- **RECORD SET**:

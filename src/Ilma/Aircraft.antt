-- ===== src/Ilma/Aircraft.antt =====
-- Aircraft: lib/aircraft.ts.
pub mod Around
mod Tests
use fintraffic.Base.{
  ℕ, Bool, true, false, ◌&&◌, ◌||◌, List, [], ◌∷◌, Option, none, some, String, if◌then◌else◌, keep,
  map,
}
use fintraffic.Base.Number.{Number, decimal}
use fintraffic.Tie.Traffic.{Theme, dark, light}
use fintraffic.Shared.Sort.{sort}
use fintraffic.Shared.Geo.{Trig, LatLng, distance_km}

pub data AircraftGroup : Type 0 where
  airline general rotorcraft military : AircraftGroup

pub data Source : Type 0 where
  adsb mlat tisb other : Source

pub record Aircraft (A : Type 0) : Type 0 where
  pub hex : String
  pub callsign : String
  pub registration : Option String
  pub type_code : Option String
  pub type_name : Option String
  pub airline_name : Option String
  pub category : Option String
  pub group : AircraftGroup
  pub latitude : A
  pub longitude : A
  pub altitude_ft : Option A
  pub on_ground : Bool
  pub ground_speed_kt : Option A
  pub track : Option A
  pub vertical_rate_fpm : Option A
  pub squawk : Option String
  pub emergency : Option String
  pub source : Source
  pub timestamp : A

pub record Airport (A : Type 0) : Type 0 where
  pub icao : String
  pub iata : Option String
  pub name : String
  pub latitude : A
  pub longitude : A
  pub elevation_ft : A
  pub scheduled : Bool

abbrev pub group_order : List AircraftGroup
group_order = airline ∷ general ∷ rotorcraft ∷ military ∷ []

abbrev pub group_label : AircraftGroup → String
group_label airline = "Airline flights"
group_label general = "General aviation"
group_label rotorcraft = "Helicopters"
group_label military = "Military & state"

abbrev pub group_color_dark : AircraftGroup → String
group_color_dark airline = "#facc15"
group_color_dark general = "#38bdf8"
group_color_dark rotorcraft = "#f472b6"
group_color_dark military = "#a3e635"

abbrev pub group_color_light : AircraftGroup → String
group_color_light airline = "#a16207"
group_color_light general = "#0369a1"
group_color_light rotorcraft = "#be185d"
group_color_light military = "#4d7c0f"

unfoldable pub group_colors : Theme → AircraftGroup → String
group_colors light = group_color_light
group_colors dark = group_color_dark

abbrev pub airport_color : Theme → String
airport_color dark = "#cbd5e1"
airport_color light = "#334155"

-- The halo and the ring of the selected aircraft, of lib/theme.ts.
abbrev pub marker_halo : Theme → String
marker_halo dark = "#05080d"
marker_halo light = "#ffffff"

abbrev pub selection_color : Theme → String
selection_color dark = "#fb923c"
selection_color light = "#c2410c"

-- Feet and the colour from there on.
abbrev pub altitude_stops : List (ℕ × String)
altitude_stops =
    (0, "#f97316")
    ∷ (2000, "#facc15")
    ∷ (10_000, "#4ade80")
    ∷ (20_000, "#22d3ee")
    ∷ (30_000, "#818cf8")
    ∷ (40_000, "#e879f9")
    ∷ []

abbrev pub source_label : Source → String
source_label adsb = "ADS-B"
source_label mlat = "MLAT (multilateration)"
source_label tisb = "TIS-B"
source_label other = "Other"

pub data VerticalTrend : Type 0 where
  climb descend level : VerticalTrend

module _ {A : Type 0} (n : Number A) where
  open n use {of_ℕ, sub, le, lt}

  -- `Math.abs`.
  abbrev pub abs : A → A
  abs a = if lt a (of_ℕ 0) then sub (of_ℕ 0) a else a

  unfoldable pub vertical_trend : Option A → VerticalTrend
  vertical_trend none = level
  vertical_trend (some rate) =
      if lt (abs rate) (of_ℕ 300) then level else if lt (of_ℕ 0) rate then climb else descend

  abbrev pub airport_radius_km : A
  airport_radius_km = of_ℕ 25

  abbrev pub airport_ceiling_ft : A
  airport_ceiling_ft = of_ℕ 6000

  abbrev pub below_ceiling : Option A → A → Bool
  below_ceiling none elevation = false
  below_ceiling (some altitude) elevation = lt (sub altitude elevation) airport_ceiling_ft

  -- The first filter of `aircraftAround`.
  unfoldable pub low_over : Airport A → Aircraft A → Bool
  low_over airport a = a.on_ground || below_ceiling a.altitude_ft airport.elevation_ft

module _ {A : Type 0} (n : Number A) (trig : Trig A) where
  open n use {le}

  unfoldable pub km_from : Airport A → Aircraft A → A
  unfolding distance_km
  km_from airport a =
      distance_km n trig (record { lat = airport.latitude; lng = airport.longitude })
        (record { lat = a.latitude; lng = a.longitude })

  unfoldable pub aircraft_around : Airport A → List (Aircraft A) → List (Aircraft A × A)
  unfolding low_over km_from sort
  aircraft_around airport aircraft =
      sort (λ x y. le x.1 y.1)
        (keep (λ x. le x.1 (airport_radius_km n))
          (map (λ a. (a, km_from airport a)) (keep (low_over n airport) aircraft)))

- **REQUIRED WORK**:
The lines you need are those holding the word "none"; copy each of them from the material above.

- **FINAL ANSWER**:
  ℕ, Bool, true, false, ◌&&◌, ◌||◌, List, [], ◌∷◌, Option, none, some, String, if◌then◌else◌, keep,
  vertical_trend none = level
  below_ceiling none elevation = false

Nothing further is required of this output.